Wovon erzählen osteuropäische Biografien in der Musik? Auf welche Weise spiegeln sich gesellschaftliche oder excistenzielle Gegebenheiten in entsprechenden Werken? Und ist Komponieren womöglich doch eine Reflektion des Humanen – eingedenk des Umstands, dass Menschheit und Menschlichkeit nicht miteinander identisch sind?

Am Mikrofon: Hanno Ehrler |
    Die Mitglieder des Quartetts stehen in einem Raum ohne ihre Instrumente und schauen ernst in die Kamera.
    Das Asasello Quartett. (Wolfgang Bur)
    Viera Janárčekovás Streichquartett Nr. 8 entstand 2015. Im Jahr zuvor hatte Russland, quasi als Vorbeben des gegenwärtigen Krieges, die Krim besetzt. Die Komposition steht offenbar nicht in unmittelbarem Bezug zum politischen Geschehen.
    Wenn Janárčeková sich äußert, dann zum Musikalischen. Sie interessiert sich für das Innere des Klangs und hat sich mit den Obertönen und ihren Beziehungen untereinander beschäftigt. Ihr tschechoslowakisches Heimatland hatte sie Anfang der 1970er Jahre aus politischen Gründen verlassen.

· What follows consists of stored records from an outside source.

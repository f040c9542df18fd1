-- ===== src/Chains/Sdk/RoundRobin.antt =====
-- `Select` of `chains/chain.go`: the next eligible node after the cursor, going round.
use bridge_common.Prelude.{
  ℕ, zero, suc, ◌+◌, ◌-◌, ◌%◌, ◌≤◌, ◌<◌, ◌≡◌, ◌≢◌, sym, ap, ◌∙◌, ◌⊎◌, inl, inr, Bool, true, false,
  List, some, length, get_elem?, get_elem?_of_lt, get_elem?-lt-length, dec_lt, arith, Bool-cases,
  ◌==◌, ==_iff,
}
use native.Mathlib.Nat.{mod-eq_of_lt, mod-eq-sub-mod}
use bridge_common.Chains.Sdk.{ChainSdk, seek, select}

-- How the loop of `Select` ends when it starts at `cursor`: after skipping `steps` nodes that are
-- not eligible, at `c`, which is eligible or where the search began.
pub record Found (state : List Bool) (len start cursor bound c : ℕ) : Type 0 where
  pub steps : ℕ
  pub few : steps ≤ bound
  pub place : c ≡ (cursor + steps) % len
  pub stops : (c ≡ start) ⊎ (get_elem? state c ≡ some true)
  pub skips :
      (m : ℕ)
      → m < steps
      → ((cursor + m) % len ≢ start) × (get_elem? state ((cursor + m) % len) ≡ some false)

module _ (state : List Bool) (len start : ℕ) (pos : 0 < len) (flags : length state ≡ len) where
  seek-here :
      (fuel cursor : ℕ)
      → get_elem? state (cursor % len) ≡ some true
      → seek (suc fuel) state len start cursor ≡ some (cursor % len)
  unfolding seek
  seek-here fuel cursor at = ground arith

  seek-next :
      (fuel cursor : ℕ)
      → cursor % len ≢ start
      → get_elem? state (cursor % len) ≡ some false
      → seek (suc fuel) state len start cursor ≡ seek fuel state len start (cursor + 1)
  unfolding seek
  seek-next fuel cursor away at = ground arith

  Found-next :
      (cursor bound c : ℕ)
      → bound ≢ 0
      → cursor % len ≢ start
      → get_elem? state (cursor % len) ≡ some false
      → Found state len start (cursor + 1) (bound - 1) c
      → Found state len start cursor bound c
  Found-next cursor bound c more away at w = record {
    steps = suc w.steps;
    few = omega (arith, w.few);
    place = w.place ∙ ap (λ k. k % len) (omega arith);
    stops = w.stops;
    skips = passed;
  }
    where
      passed :
          (m : ℕ)
          → m < suc w.steps
          → ((cursor + m) % len ≢ start) × (get_elem? state ((cursor + m) % len) ≡ some false)
      passed zero l =
          let same : (cursor + 0) % len ≡ cursor % len = ap (λ k. k % len) (omega arith) in
          ((λ p. away (sym same ∙ p)), ap (get_elem? state) same ∙ at)
      passed (suc m) l =
          let same : (cursor + suc m) % len ≡ (cursor + 1 + m) % len =
            ap (λ k. k % len) (omega arith) in
          (
            (λ p. (w.skips m (omega arith)).0 (sym same ∙ p)),
            ap (get_elem? state) same ∙ (w.skips m (omega arith)).1,
          )

  -- The loop ends before it has gone round, without a read out of range.
  pub seek-Found :
      (fuel cursor bound : ℕ)
      → (cursor + bound) % len ≡ start
      → bound < fuel
      → (c : ℕ) × (seek fuel state len start cursor ≡ some c) × Found state len start cursor bound c
  unfolding seek
  seek-Found zero cursor bound e h = elim h [ ]
  seek-Found (suc fuel) cursor bound e h = elim (Bool-cases (cursor % len == start)) [
    | inl back ↦ (
      cursor % len,
      rw back,
      record {
        steps = 0;
        few = omega arith;
        place = ap (λ k. k % len) (omega arith);
        stops = inl ((==_iff _ _).0 back);
        skips = λ m l. elim l [ ];
      },
    )
    | inr on ↦
        let away : cursor % len ≢ start = λ p. cc ((==_iff _ _).1 p) in
        let (flagged, at) = get_elem?_of_lt state (cursor % len) (omega arith) in
        elim (Bool-cases flagged) [
          | inl good ↦ (
            cursor % len,
            seek-here fuel cursor (at ∙ ap some good),
            record {
              steps = 0;
              few = omega arith;
              place = ap (λ k. k % len) (omega arith);
              stops = inr (at ∙ ap some good);
              skips = λ m l. elim l [ ];
            },
          )
          | inr bad ↦
              let more : bound ≢ 0 = λ z. away (ap (λ k. k % len) (omega arith) ∙ e) in
              let (c, found, w) =
                seek-Found fuel (cursor + 1) (bound - 1) (ap (λ k. k % len) (omega arith) ∙ e)
                  (omega arith) in
              (
                c,
                seek-next fuel cursor away (at ∙ ap some bad) ∙ found,
                Found-next cursor bound c more away (at ∙ ap some bad) w,
              )
        ]
  ]

-- Steps from `cursor` that lead back to it have gone round.
goes_round :
    (len cursor k : ℕ) → cursor < len → k ≤ len - 1 → (cursor + 1 + k) % len ≡ cursor → k ≡ len - 1
goes_round len cursor k h few e = elim (dec_lt (cursor + 1 + k) len) [
  | yes p ↦ omega (arith, mod-eq_of_lt p)
  | no p ↦ omega (
    arith,
    mod-eq-sub-mod {n = cursor + 1 + k} {m = len} (omega arith),
    mod-eq_of_lt {n = cursor + 1 + k - len} {m = len} (omega arith),
  )
]

-- Every other place is passed on the way round.
pub offset :
    (len cursor j : ℕ)
    → cursor < len
    → j < len
    → j ≢ cursor
    → (m : ℕ) × (m < len - 1) × ((cursor + 1 + m) % len ≡ j)
offset len cursor j h l ne = elim (dec_lt cursor j) [
  | yes p ↦ (j - cursor - 1, omega arith, ap (λ k. k % len) (omega arith) ∙ mod-eq_of_lt l)
  | no p ↦ (
    len - cursor - 1 + j,
    omega arith,
    mod-eq-sub-mod {n = cursor + 1 + (len - cursor - 1 + j)} {m = len} (omega arith)
        ∙ ap (λ k. k % len) (omega arith)
        ∙ mod-eq_of_lt l,
  )
]

module _ {N : Type 0} where
  -- With nodes, and a flag for each, `Select` returns: it steps from the cursor, skips the nodes that
  -- are not eligible, and stops at the first eligible one or back where it began; only the cursor
  -- changes, to the index returned.
  pub select_lem :
      (s : ChainSdk N)
      → 0 < length s.nodes
      → length s.state ≡ length s.nodes
      → let len = length s.nodes in
        (c : ℕ) × (select s ≡ some (c, record s { cursor = c }))
        × Found s.state len (s.cursor % len) (s.cursor + 1) (len - 1) c
  unfolding select
  select_lem s pos flags =
      let len = length s.nodes in
      let whole : (s.cursor + 1 + (len - 1)) % len ≡ s.cursor % len =
        mod-eq-sub-mod {n = s.cursor + 1 + (len - 1)} {m = len} (omega arith)
        ∙ ap (λ k. k % len) (omega arith) in
      let (c, found, w) =
        seek-Found s.state len (s.cursor % len) pos flags len (s.cursor + 1) (len - 1) whole
          (omega arith) in
      (c, ground (arith, found), w)

  -- If a node other than the one at the cursor is eligible, `Select` returns an eligible node.
  pub select-eligible :
      (s : ChainSdk N) (j : ℕ)
      → length s.state ≡ length s.nodes
      → s.cursor < length s.nodes
      → get_elem? s.state j ≡ some true
      → j ≢ s.cursor
      → (c : ℕ) (s' : ChainSdk N) → select s ≡ some (c, s')
      → get_elem? s.state c ≡ some true
  select-eligible s j flags inside good away c s' e =
      let (c₀, found, w) = select_lem s (omega arith) flags in
      let same : c ≡ c₀ = cc found in
      let begins : s.cursor % length s.nodes ≡ s.cursor = mod-eq_of_lt inside in
      elim w.stops [
        | inr flagged ↦ ap (get_elem? s.state) same ∙ flagged
        | inl back ↦
            let all : w.steps ≡ length s.nodes - 1 =
              goes_round (length s.nodes) s.cursor w.steps inside w.few
                (sym w.place ∙ back ∙ begins) in
            let (m, few, at) =
              offset (length s.nodes) s.cursor j inside
                (omega (arith, get_elem?-lt-length s.state j good)) away in
            let skipped : get_elem? s.state j ≡ some false =
              ap (get_elem? s.state) (sym at) ∙ (w.skips m (omega arith)).1 in
            cc (sym good ∙ skipped)
      ]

    Musik, Heimat, Humanität

    Ganz anders Jamilia Jazylbekova, die sich in ihrem neuen Stück explizit mit dem Tod beschäftigt. Das ist zwar ein grundlegendes Thema, derzeit jedoch täglich medial erfahrene Realität. Komponieren versteht die in Kasachstan geborene Urheberin als Möglichkeit, Gegenentwürfe zu imaginieren und erklingen zu lassen – und als Mensch einen Sinn zu finden.
    Dies könnte auch ein Kommentar zur Musik von Dimitri Schostakowitsch sein, in dessen Lebenswelt Druck, Gefahr und zeitweise Todesangst alltäglich waren. Im 13. Streichquartett aber, das 1970 entstand, konnte sich der Komponist durchaus freier entfalten.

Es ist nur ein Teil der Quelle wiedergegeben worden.